As Hornsby reminds us, “the importance of wealth as a route to power, and of political power as a route to acquire both wealth and access to state resources has also meant that the same elites dominate both politics and economics and fight their battles in both spheres.”

The Luo, Kalenjin and Kikuyu have traditionally been the ‘star-crossed lovers’ of negative ethnicity in Kenya. The bile between the Kikuyu and Luo bubbled over in 1969 with the death of national politician Tom Mboya.
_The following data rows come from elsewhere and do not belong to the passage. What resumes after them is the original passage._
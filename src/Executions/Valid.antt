-- ===== src/Executions/Valid.antt =====
-- What holds of every row of `executions`, and that each statement's `SET` keeps it.
use invokr.Base.{ℕ, ◌≤◌, ◌<◌, ◌≡◌, max, String, Bool, true, false, none, arith, is_some}
use invokr.Base.Int.{ℤ, pos, pos_part, ltb_ℤ}
use invokr.Json.{Json}
use invokr.Store.{Execution, ExecutionStatus, running, retrying, success, failed, cancelled}
use invokr.Executions.{
  is_claimable, is_cancellable, is_running, claimed, succeed, fail, retry, cancel_row,
}

abbrev pub is_ended : ExecutionStatus → Bool
is_ended success = true
is_ended failed = true
is_ended cancelled = true
is_ended _ = false

-- An execution has at most `max_attempts` attempts, and one if that is less than one.
abbrev pub allowance : ℤ → ℕ
allowance m = max 1 (pos_part m)

pub record IsValid (e : Execution) : Type 0 where
  pub bounded : e.attempt_count ≤ allowance e.max_attempts
  pub fresh : is_cancellable e.status ≡ true → e.attempt_count ≡ 0
  pub retriable : e.status ≡ retrying → ltb_ℤ (pos e.attempt_count) e.max_attempts ≡ true
  pub owned : e.status ≡ running → (is_some e.worker_id ≡ true) × (is_some e.started_at ≡ true)
  pub counted : e.status ≡ running → 0 < e.attempt_count
  pub unowned : e.status ≡ retrying → e.worker_id ≡ none
  pub ended : is_ended e.status ≡ true → is_some e.completed_at ≡ true
  pub unended : is_ended e.status ≡ false → e.completed_at ≡ none

pub claimed-IsValid :
    (now : ℕ) (w : String) (e : Execution)
    → is_claimable e.status ≡ true
    → IsValid e
    → IsValid (claimed now w e)
claimed-IsValid now w e h v = ground arith

pub succeed-IsValid :
    (now : ℕ) (output : Json) (e : Execution)
    → is_running e.status ≡ true
    → IsValid e
    → IsValid (succeed now output e)
succeed-IsValid now output e h v = ground arith

pub fail-IsValid :
    (now : ℕ) (e : Execution) → is_running e.status ≡ true → IsValid e → IsValid (fail now e)
fail-IsValid now e h v = ground arith

pub retry-IsValid :
    (now : ℕ) (ms : ℤ) (e : Execution)
    → is_running e.status ≡ true
    → IsValid e
    → IsValid (retry now ms e)
retry-IsValid now ms e h v = ground arith

pub cancel_row-IsValid :
    (now : ℕ) (e : Execution)
    → is_cancellable e.status ≡ true
    → IsValid e
    → IsValid (cancel_row now e)
cancel_row-IsValid now e h v = ground arith

pub new-IsValid :
    (e : Execution)
    → (e.attempt_count ≡ 0) × (is_cancellable e.status ≡ true) × (e.completed_at ≡ none)
    → IsValid e
new-IsValid e h = ground arith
That the convicted killer was a Kikuyu, Nahashon Njenga Njoroge, made matters worse when President Jomo Kenyatta, also a Kikuyu detained opposition hothead Oginga Odinga, effectively skirting his community away from the centre of power and by extension, the aforementioned national goodies.

With the two communities having such divergent customs that are at total variance with one another - even in language - they have pitted them on a tribal collision course since the bloody political frost of 1969.

The first 20-years of Uhuru thus gradually saw the “incorporation (on junior terms) of the Kalenjin into Kenyatta’s Kikuyu-centred alliance,” points out Hornsby, and the gradual marginalisation of the Luo alongside the embedding of a series of advantages for the Kikuyu community. There was no inevitability about the cleavage created in 1963-1969 between Kikuyu and Luo: it was a by-product of a competition over other issues, which gradually assumed an ethnic flavour.

 Indeed, 1969, ’91-’93 and 2007-08, were the years when politically instigated ethnic violence reared its ugly tribal head with land rights, poverty, elite survival strategies and State abuses being the spark to the ethnic wood, more so between the Kalenjin and Kikuyu who were transplanted to the Rift Valley after independence via large buying companies and on the infamous ‘willing buyer, willing seller’ basis.

Nandi Rebellion

 It was not very hard for politicians to stir the Kalenjins into ethnic animosity. Ever since Colonel Meinertzhagen lured Kalenjin chief Koitalel Arap Samoei under the guise of calling a truce to end the 11-year Nandi Rebellion, only to shoot the Orkoiyot as they were about to shake hands, the Kalenjin have been wary of outsiders.

Cultural anthropologist Mari Wormack in her study of the community contends that their fighter blood had their warriors employing guerrilla military tactics in organised cattle rustling raids, besides the primary role of protecting the community against any potential invasion.

That they valued their autonomy and remained hostile to strangers who tried to encroach on their territory made it even easier to excite political hostility against the Kikuyu every election season, despite the two communities living cheek by jowl.

 “Ethnic tensions were reinforced by consolidation of political power support along ethnic lines,” concurs Hornsby. President Moi’s Kalenjins were always the core of the ‘government,’ and the Kikuyu of the ‘opposition’, leaving the Luo community united but uncertain on who to back. It took the 2013 UhuruRuto victory to somewhat tame the election bile that boils the ethnic blood of the Kalenjins and the Kikuyus.